1. A cleaning chamber structure of a semiconductor cleaning machine, comprising a semiconductor cleaning device (1), characterized in that: A water pump unit (2) is fixedly installed on the top of the semiconductor cleaning device (1). Feed inlets (3) are opened on the front sides of both sides of the semiconductor cleaning device (1). A transmission mechanism (4) is installed inside the semiconductor cleaning device (1). A cleaning platform (5) is provided inside the inner cavity of the semiconductor cleaning device (1). The transmission mechanism (4) is installed on both sides of the cleaning platform (5). A water source recovery port (6) is formed on the side of the cleaning platform (5) near the transmission mechanism (4). The water source recovery port (6) is connected to the bottom of the semiconductor cleaning device (1). A cleaning top plate (7) is installed above the cleaning platform (5). (7) is equipped with a cleaning mechanism (8). The outer side of the transmission mechanism (4) is composed of a transmission belt, and the inside of the transmission belt is equipped with an active drive gear (9). The upper and lower sides of the active drive gear (9) are connected to driven gears (10). The inner side of the transmission belt is provided with a drive rack (11). The driven gear (10) meshes with the drive rack (11). The surface of the transmission belt is composed of a hollow belt structure and is provided with multiple hollow openings that are connected to the internal space. The semiconductor cleaning device (1) is equipped with a drive motor. The output end of the drive motor is connected to the shaft end of the active drive gear (9).

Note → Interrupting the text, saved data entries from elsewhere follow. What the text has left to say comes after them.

-- ===== src/Admin/Tests.antt =====
-- A phone that is paired from the command line, and revoked.
use docker_mobile.Base.{
  ℕ, zero, suc, ◌≡◌, refl, false, none, some, List, [], ◌∷◌, arith, ltb, leb, nat_beq, Text, codes,
  nat_eq, text_eq, lookup, insert, delete, ok, cut_prefix, cut, hex,
}
use docker_mobile.Pairing.Manager.{
  paired, cancelled, Pending, new_manager, Create, start, end_pairing, install, cancel, expire,
  end_if,
}
use docker_mobile.Pairing.Manager.Channels.{Call, starts, Setting, waits, run, step}
use docker_mobile.State.Tokens.{token_id}
use docker_mobile.Pairing.Code.{normalize, new_code}
use docker_mobile.Pairing.Manager
use docker_mobile.State.Names.{trim_left, trim_right}
use docker_mobile.Config.Advertised.{with_host}
use docker_mobile.State.Dir.{no_faults, write_file}
use docker_mobile.State.Devices.{
  Device, Devices, Library, role_full, valid_role, remove, remove_device, save, authenticate,
  check_token, touch, save_due,
}
use docker_mobile.Conns
use docker_mobile.Conns.History
use docker_mobile.Conns.History.{In, tracks}
use docker_mobile.Auth
use docker_mobile.Auth.{
  Request, Outside, handed_on, has_ended, hand_on, look_up_again, ended_by_registry,
}
use docker_mobile.Conns.{track, close_device}
use docker_mobile.Admin.{
  Server, Setup, begin_pairing, read_request, handle_pair, stream, settle, receive, report,
  handle_revoke, told, timed_out,
}
use docker_mobile.Admin.Ending
use docker_mobile.Admin.Ending.{Ends}
use docker_mobile.Admin.Revoked
use docker_mobile.Admin.Revoked.{Revokes}
use docker_mobile.Admin.Client.{check_socket_path}
use docker_mobile.Admin.Socket
use docker_mobile.Admin.Socket.{
  Phase, serving, Hitches, Move, listens, dies, with_lock, listening, listen_locked,
}
use docker_mobile.Admin.Socket.Alone
use docker_mobile.Admin.Socket.Alone.{unserved}
use docker_mobile.Admin.Race
use docker_mobile.Admin.Race.{
  Race, Turn, asks, revokes, registers, Stage, waiting, answered, not_begun, closed_off,
}
use docker_mobile.Admin.Race.Safe

abbrev setup : Setup
setup = record {
  decode = λ t. none;
  clean = λ t. t;
  address = record { is_space = λ c. nat_beq c 32; is_control = λ c. ltb c 32; is_ip = λ t. false };
}

abbrev server : Server
server = record {
  advertise = record { scheme = []; host = codes "agent.example"; port = codes "8377" };
  fingerprint = [];
  fingerprint_display = [];
  agent_name = codes "home";
}

abbrev set : Setting
set = record {
  crypto = record { pbkdf2 = λ p s n. p; hmac = λ k m. m };
  valid = valid_role;
  clean = λ t. t;
}

times : ℕ → ℕ → List ℕ
times zero x = []
times (suc n) x = x ∷ times n x

abbrev random : List ℕ
random = times 40 9

runs : Unit {0}
unfolding times begin_pairing read_request start end_pairing install normalize new_code with_host
    trim_left trim_right handle_pair stream settle receive report end_if waits run step
runs = tt

-- The pairing before is replaced by this one.
abbrev before : List (Call (Unit {0}) Device)
before = starts 1 (times 40 3) role_full (codes "old") ∷ []

abbrev pending : Pending
pending = record {
  id = codes "0909090909090909";
  code = codes "999999999999";
  role = role_full;
  name = [];
  expires_at = 300000000005;
  tries = 0;
  done = 1;
}

begins :
    (begin_pairing setup server 5 random
      (run set (new_manager, tt) before).0
      (read_request setup (some []))).1
    ≡ ok (pending, server.advertise)
unfolding runs valid_role hex
begins = refl

told_over :
    timed_out ≡ told
    → waits 1
        (run {W = Unit {0}} set
          (
            (begin_pairing setup server 5 random
                (run set (new_manager, tt) before).0
                (read_request setup (some []))).0,
            tt,
          )
          before).0.cur
      ≡ 0
told_over h = absurd (ground (h, arith))

handle_pair-Ends_example : Ends server 6 pending server.advertise timed_out (
    handle_pair setup server 5 6 random
      (some [])
      (λ (k : Manager.Manager Device). (run {W = Unit {0}} set (k, tt) before).0)
      timed_out
      (run set (new_manager, tt) before).0)
handle_pair-Ends_example =
    Ending.handle_pair-Ends {W = Unit {0}} setup server set tt tt before before 5 6 random (some [])
      timed_out pending server.advertise begins told_over

abbrev lib : Library
lib = record {
  hash_token = λ t. t;
  encode = λ ds. some [];
  decode = λ t. none;
  is_space = λ c. nat_beq c 32;
  is_print = λ c. leb 32 c;
}

abbrev phone : Device
phone = record {
  id = codes "a1";
  name = codes "Pixel";
  role = role_full;
  token_hash = codes "dm1.a1.x";
  created_at = 1;
  last_seen_at = 1;
}

abbrev paired_one : Devices
paired_one = record { folder = []; by_id = (phone.id, phone) ∷ []; persisted = (phone.id, 1) ∷ [] }

handle_revoke-Revokes_example :
    Revokes phone.id paired_one Conns.new
      (handle_revoke lib (no_faults []) phone.id paired_one Conns.new)
handle_revoke-Revokes_example =
    Revoked.handle_revoke-Revokes lib (no_faults []) phone.id paired_one Conns.new

abbrev auth : Auth.Setup
auth = record { lib = lib; sha256 = λ t. t; legacy = [] }

abbrev quiet : Outside
quiet = record {
  now = 5;
  os = no_faults [];
  later = 6;
  os_later = no_faults [];
  before_track = λ a. a;
  before_look = λ a. a;
  before_lookup = λ a. a;
}

abbrev request : Request
request = record {
  authorization = codes "Bearer dm1.a1.x";
  key = codes "192.0.2.7";
  ctx = 40;
  gone = false;
}

abbrev turns : List Turn
turns =
    asks
    ∷ asks
    ∷ registers (tracks phone.id 41)
    ∷ asks
    ∷ revokes (no_faults [])
    ∷ revokes (no_faults [])
    ∷ []

abbrev raced : Race
raced =
    Race.run auth quiet request phone (codes "dm1.a1.x")
      (record {
        limiter = none;
        devices = paired_one;
        system = History.run History.start [];
        stage = waiting;
        revoking = not_begun;
      })
      turns

passes : Unit {0}
unfolding Race.run Race.step remove remove_device save has_ended hand_on look_up_again authenticate
    check_token touch ended_by_registry token_id cut_prefix cut lookup delete track close_device
    History.step write_file
passes = tt

let_through :
    raced.stage
    ≡ answered (some (handed_on (record phone { last_seen_at = 6; token_hash = [] }) (some 1)))
unfolding passes History.run save_due insert
let_through = refl

done_with : raced.revoking ≡ closed_off
unfolding passes History.run save_due insert
done_with = refl

named : token_id (codes "dm1.a1.x") ≡ some phone.id
unfolding passes token_id cut_prefix cut
named = refl

revoke_beats_request_example : In 40 raced.system.registry.ended
revoke_beats_request_example =
    Safe.revoke_beats_request auth quiet request phone (codes "dm1.a1.x") none paired_one [] turns
      (record phone { last_seen_at = 6; token_hash = [] }) (some 1) named (omega arith) let_through
      done_with

-- The second agent is refused, the first one dies, and the third takes over its socket.
abbrev smooth : Hitches
smooth = record { lock = none; remove = none; listen = none; chmod = none }

abbrev path : Text
path = codes "/data/admin.sock"

abbrev moves : List Move
moves = listens 1 path smooth ∷ listens 2 path smooth ∷ dies 1 ∷ listens 3 path smooth ∷ []

sockets : Unit {0}
unfolding Socket.run Socket.step Socket.listen with_lock listening listen_locked check_socket_path
sockets = tt

third : (Socket.run (unserved none) moves).phase 3 ≡ serving
unfolding sockets
third = refl

serves_alone_example :
    ((Socket.run (unserved none) moves).holder ≡ some 3)
    × ((Socket.run (unserved none) moves).socket ≡ some 3)
    × ((Socket.run (unserved none) moves).phase 2 ≡ serving → ◌≡◌ {A = ℕ} 2 3)
serves_alone_example = Alone.serves_alone none moves 3 2 third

2. The cleaning chamber structure of a semiconductor cleaning machine according to claim 1, wherein: The water inlet pipe of the water pump unit (2) extends through the semiconductor cleaning device (1) to the bottom of the inner cavity of the semiconductor cleaning device (1), and the water outlet pipe of the water pump unit (2) is connected to the cleaning mechanism (8) below the cleaning top plate (7).

3. The cleaning chamber structure of a semiconductor cleaning machine according to claim 1, wherein: The water source recovery port (6) is composed of several crossbars arranged in an interlaced manner, with the gap between the crossbars being smaller than the size of the semiconductor product.

4. The cleaning chamber structure of a semiconductor cleaning machine according to claim 1, wherein: The two ends of the driven gear (10) are connected to the inside of the semiconductor cleaning device (1) via shafts.

5. The cleaning chamber structure of a semiconductor cleaning machine according to claim 1, wherein: The bottom of the cleaning mechanism (8) is equipped with a pressurizing device, and the water spray nozzle of the cleaning mechanism (8) is adjustable.